EXERCISE AIM. Would you please retype, exactly, the lines of the listing below between the line with "(event : Event) (type" and the line with "order_type = type;", inclusive?

[Start of Attachment]

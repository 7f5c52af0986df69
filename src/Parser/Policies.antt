-- ===== src/Parser/Policies.antt =====
-- The options of an add in src/event_parser.cpp ask for a policy that there is.
use orda_book.Prelude.{
  ℕ, zero, suc, ◌≡◌, if_cases, ◌&&◌, ◌||◌, Bool, true, false, Option, none, some, arith,
}
use orda_book.Types.{Event, OrderType, TimeInForce}
use orda_book.Engine.{is_market, is_good_til_cancel, is_fill_or_kill}
use orda_book.Codec.Records.{Fits}
use orda_book.Parser.Tokens.{Bytes, codes, same, is_empty, next_token}
use orda_book.Parser.Names.{parse_time_in_force}
use orda_book.Parser.Stream.{end_options, time_option, and_then, options_loop}

-- A market order neither rests nor waits, and a post-only order is not fill-or-kill.
pub record IsPolicy (event : Event) : Type 0 where
  pub market_takes :
      is_market event.order_type && (event.post_only || is_good_til_cancel event.time_in_force)
      ≡ false
  pub post_only_makes : event.post_only && is_fill_or_kill event.time_in_force ≡ false

-- What the loop over the options keeps.
pub record IsBegun (saw_time_in_force : Bool) (event : Event) : Type 0 where
  pub fits : Fits event
  pub no_market : is_market event.order_type && event.post_only ≡ false
  pub seen :
      saw_time_in_force && (is_market event.order_type && is_good_til_cancel event.time_in_force)
      ≡ false

pub record IsSound (event : Event) : Type 0 where
  pub fits : Fits event
  pub policy : IsPolicy event

with_policy :
    (event : Event) (type : OrderType) (time_in_force : TimeInForce) (post_only : Bool)
    → Fits event
    → Fits
        (record event { order_type = type; time_in_force = time_in_force; post_only = post_only })
with_policy event type time_in_force post_only f = record {
  order_id_fits = f.order_id_fits;
  price_fits = f.price_fits;
  qty_fits = f.qty_fits;
  new_price_fits = f.new_price_fits;
  new_qty_fits = f.new_qty_fits;
  line_number_fits = f.line_number_fits;
}

abbrev pub Gives : (Event → Type 0) → Option Event → Type 0
Gives P none = Unit {0}
Gives P (some event) = P event

and_then-Gives :
    (P Q : Event → Type 0) (o : Option Event) (f : Event → Option Event)
    → Gives P o
    → ((event : Event) → P event → Gives Q (f event))
    → Gives Q (and_then o f)
and_then-Gives P Q none f p q = tt
and_then-Gives P Q (some event) f p q = q event p

end_options-IsSound :
    (saw : Bool) (event : Event) → IsBegun saw event → Gives IsSound (end_options saw event)
unfolding end_options
end_options-IsSound saw event b = ground arith

time_option-IsBegun :
    (time_in_force : Option TimeInForce) (saw : Bool) (event : Event)
    → IsBegun saw event
    → Gives (IsBegun true) (time_option time_in_force saw event)
unfolding time_option
time_option-IsBegun none saw event b = tt
time_option-IsBegun (some t) saw event b = ground arith

posted-IsBegun :
    (saw : Bool) (event : Event)
    → IsBegun saw event
    → is_market event.order_type ≡ false
    → IsBegun saw (record event { post_only = true })
posted-IsBegun saw event b l = ground arith

pub options_loop-IsSound :
    (fuel : ℕ) (view : Bytes) (saw : Bool) (event : Event)
    → IsBegun saw event
    → Gives IsSound (options_loop fuel view saw event)
unfolding options_loop
options_loop-IsSound zero view saw event b = tt
options_loop-IsSound (suc fuel) view saw event b =
    let (option, rest) = next_token view in
    let go : (e : Event) (s : Bool) → IsBegun s e → Gives IsSound (options_loop fuel rest s e) =
      λ e s. options_loop-IsSound fuel rest s e in
    if_cases (Gives IsSound) (is_empty option) _ _ (λ _. end_options-IsSound saw event b)
      (λ _.
        if_cases (Gives IsSound) (same option (codes "POST_ONLY")) _ _
          (λ _.
            if_cases (Gives IsSound)
              (is_market event.order_type || is_fill_or_kill event.time_in_force) _ _ (λ _. tt)
              (λ l. go _ saw (posted-IsBegun saw event b (ground arith))))
          (λ _.
            if_cases (Gives IsSound) (same option (codes "LIMIT")) _ _
              (λ _.
                if_cases (Gives IsSound) (is_market event.order_type) _ _ (λ _. tt)
                  (λ _. go _ saw b))
              (λ _.
                and_then-Gives (IsBegun true) IsSound
                  (time_option (parse_time_in_force option) saw event) (options_loop fuel rest true)
                  (time_option-IsBegun (parse_time_in_force option) saw event b) (λ e. go e true))))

[End of Attachment]

RESULT FOR THIS EXERCISE.
    (event : Event) (type : OrderType) (time_in_force : TimeInForce) (post_only : Bool)
    → Fits event
    → Fits
        (record event { order_type = type; time_in_force = time_in_force; post_only = post_only })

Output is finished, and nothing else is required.